It takes money to start a breeding business. And it takes a lot of money to start one that will sell high dollar "coveted" foals.



> I really haven't seen the bigwigs of the horse world hit very hard around here. I know trainers who are STILL selling their horses for $30,000 plus.


Exactly. These are trained show horses, or horses trained and beginning to show. How much are babies selling for in your area? The OP wants to start a BREEDING business, not a training business. Plus it takes years to build the reputation to become one of the "bigwigs"...



> It all depends on your location and you access to the world. If you are putting your business ads into widespread national magazienes, you are bound to find at least one person interested in your horses.

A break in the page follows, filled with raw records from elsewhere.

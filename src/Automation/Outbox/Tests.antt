-- ===== src/Automation/Outbox/Tests.antt =====
-- Three pending events and their subscriptions.
use delmos.Base.{◌≡◌, ◌+◌, refl, arith, true, false, none, [], ◌∷◌, All, length}
use delmos.Automation.Outbox.{
  Queue, emit_event, route, pending_rows, mark_dispatched, dispatch_rows, dispatch_pending,
}
use delmos.Automation.Outbox.Dispatch.{
  Routes, total_audience, dispatch_pending-Routed, dispatch_pending-again,
}

abbrev idle : Queue
idle = record {
  outbox = [];
  subscriptions =
      record { id = 71; trigger_key = "a"; event_key = "saved"; active = true }
      ∷ record { id = 72; trigger_key = "b"; event_key = "saved"; active = false }
      ∷ record { id = 73; trigger_key = "c"; event_key = "saved"; active = true }
      ∷ [];
  deliveries = [];
  next_id = 1;
}

abbrev busy : Queue
busy = emit_event 900 5 "saved" none none 901 [] (emit_event 902 6 "lost" none none 903 [] idle)

two_deliveries : length (dispatch_pending 9 busy).0.deliveries ≡ 2
unfolding dispatch_pending dispatch_rows route mark_dispatched pending_rows
two_deliveries = refl

dispatch_pending-Routed_example :
    All
      (λ r. Routes r busy.subscriptions (dispatch_pending 9 busy).0.deliveries)
      (pending_rows 100 busy.outbox)
    × (length (dispatch_pending 9 busy).0.deliveries
        ≡ length busy.deliveries + total_audience (pending_rows 100 busy.outbox) busy.subscriptions)
dispatch_pending-Routed_example = dispatch_pending-Routed 9 busy

dispatch_pending-again_example :
    dispatch_pending 12 (dispatch_pending 9 busy).0 ≡ ((dispatch_pending 9 busy).0, 0)
dispatch_pending-again_example = dispatch_pending-again 9 12 busy (omega arith)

Again, it takes money. Those national magazine ads are NOT cheap.


----------



## nrhareiner (Jan 11, 2009)

luvs2ride1979 said:


> It takes money to start a breeding business. And it takes a lot of money to start one that will sell high dollar "coveted" foals.
> 
> *I started all be it many years ago. With good stock and worked my way up. Have yet to spend any money out my pocket on any of my horses. They pay for them selves and if you go at it from a business point of view it can still be done.*
> 
> ...


Yes it does take money. However like any business your product should pay those bills.


Right now is actually a frailly good time to start out. You can pick up a very nice older proven broodmare at a decent price. Yes you may only get a foal or 2 out of her but if you play your cards right those foals should bring very good money. Then you go out and buy anouther well bred proven broodmare who is perhaps a bit younger and keep going from there. Then you keep one good filly out of those mares and from the ones you sell, train and show those fillies and then they become your next broodmares. It can be done and done on a budget, things is really knowing your breed/bloodlines, your discipline, and your market.


----------



## A knack for horses (Jun 17, 2010)

luvs2ride1979 said:


> It takes money to start a breeding business. And it takes a lot of money to start one that will sell high dollar "coveted" foals.
> 
> 
> 
> ...


I meant that just because somebody has money, it doesn't mean that they don't have questions on how to start their business.

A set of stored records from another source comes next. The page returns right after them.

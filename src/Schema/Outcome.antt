-- ===== src/Schema/Outcome.antt =====
-- What a compilation returns, with the text of its error.
use light_waf.Prelude.{Bytes, ◌≡◌, refl}

pub data Result (A : Type 0) : Type 0 where
  ok : A → Result A
  err : Bytes → Result A

-- `map_err`
abbrev pub map_err : {A : Type 0} → (Bytes → Bytes) → Result A → Result A
map_err f (ok a) = ok a
map_err f (err e) = err (f e)

infixl 5 ◌>>=◌
abbrev pub ◌>>=◌ : {A B : Type 0} → Result A → (A → Result B) → Result B
ok a >>= f = f a
err e >>= f = err e

-- the parts of a chain that succeeds
pub >>=-ok :
    {A B : Type 0} (m : Result A) (f : A → Result B) {b : B}
    → (m >>= f) ≡ ok b
    → (a : A) × (f a ≡ ok b) × (m ≡ ok a)
>>=-ok (err e) f h = absurd (cc h)
>>=-ok (ok a) f h = (a, h, refl)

I do see your point with the foals, but around here, if people want a foal, they go and get their mare pregnant and raise the baby themselves. I do understand the trend to investing money into already trained, adult horses rather than the risks of buying a weanling/yearling with potential.

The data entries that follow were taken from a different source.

-- ===== src/Schema/Rules.antt =====
-- crates/waf-schema-enforcement/src/rules.rs: the rules' namespaces and their identifiers.
use light_waf.Prelude.{◌++◌, Bytes, codes}

pub data Namespace : Type 0 where
  graphql_schema grpc_schema bot api_schema : Namespace

unfoldable pub prefix : Namespace → Bytes
prefix graphql_schema = codes "schema-graphql"
prefix grpc_schema = codes "schema-grpc"
prefix bot = codes "bot"
prefix api_schema = codes "schema-api"

pub record Rule : Type 0 where
  pub ns : Namespace
  pub leaf : Bytes

unfoldable pub id : Rule → Bytes
unfolding prefix
id rule = prefix rule.ns ++ (codes "-" ++ rule.leaf)

abbrev pub api_unknown_route : Rule
api_unknown_route = record { ns = api_schema; leaf = codes "unknown-route" }

abbrev pub api_method_not_allowed : Rule
api_method_not_allowed = record { ns = api_schema; leaf = codes "method-not-allowed" }

abbrev pub api_unknown_param : Rule
api_unknown_param = record { ns = api_schema; leaf = codes "unknown-param" }

abbrev pub api_missing_required : Rule
api_missing_required = record { ns = api_schema; leaf = codes "missing-required" }

abbrev pub api_type_violation : Rule
api_type_violation = record { ns = api_schema; leaf = codes "type-violation" }

abbrev pub api_unknown_property : Rule
api_unknown_property = record { ns = api_schema; leaf = codes "unknown-property" }

abbrev pub api_content_type : Rule
api_content_type = record { ns = api_schema; leaf = codes "content-type" }

abbrev pub api_body_parse_error : Rule
api_body_parse_error = record { ns = api_schema; leaf = codes "body-parse-error" }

And I never said that magazine ads were cheap. But if you want to get your product out, there are ways. They may not be cheap, but there are ways to get the word out about your business.


----------



## rraylutz210 (Jun 24, 2010)

alright guys, here my situation. 
I am 18 years old, with yes very big dreams. However i do also have a very large sum of money that I plan to put towards my business someday. Now, i am sorry for not being very clear.. I would like to start a breeding business but not for another 6 years once I am clear out of college. My question resonated from my shear curiosity sitting in my head of what if i buy a young mare say weanling or yearling and train her all through my college years. Taking her to breed shows for publicity and all that jazz. I do not actually plan on breeding her until she was 6 or 7 years old and in her prime. This young girl would be out of the best lines i could possibly manage to muster and with the economy being very low currently she would hopefully be a bit cheaper to invest in now. Now, this said i am a top trainer in my area, i know 18 years old does not seem like i could be, but i do and have trained young stock for the national and world levels. I have been around and volunteered most of my time at a local breeding barn that owns kid clu. so i am well aware of the costs and stipulations involved in doing this. Along with growing up with horses i have the feeling that most of you i am sure have, you can not go a day without them in your life. this said, i currently own a gelding who i have trained and shown for 5 years. If i do not get a new little prospect for my breeding barn my boy will go off to college with me and be shown at the same levels the new Lil girl would be. so my expenses minus the advertisement will be exactly the same. And for those of you who are still wrapped around money, i have worked out my schooling to where i do not pay a penny until 5 years after i graduate. for those counting that's 11 years from now. I am also planning on working a full time job while at school, so believe me when i tell you i am in no way worried about money. if it becomes a problem, hey i have one well trained youngster who i can sell off. my main reason for posting my original question was to get your opinions on if it should be a colt i start or a filly. however i would still appreciate your opinions on my general situation. to my understanding knowledge is the greatest thing in the world, it is indispensable and worth my while questioning everything if in the end it will only better me. also.. i am still very much considering waiting a few years. as long as it takes for me to come to a well thought out decision. perhaps a decade. haha.


----------



## luvs2ride1979 (Nov 9, 2007)

Good luck with everything then. I hope it all works out for you!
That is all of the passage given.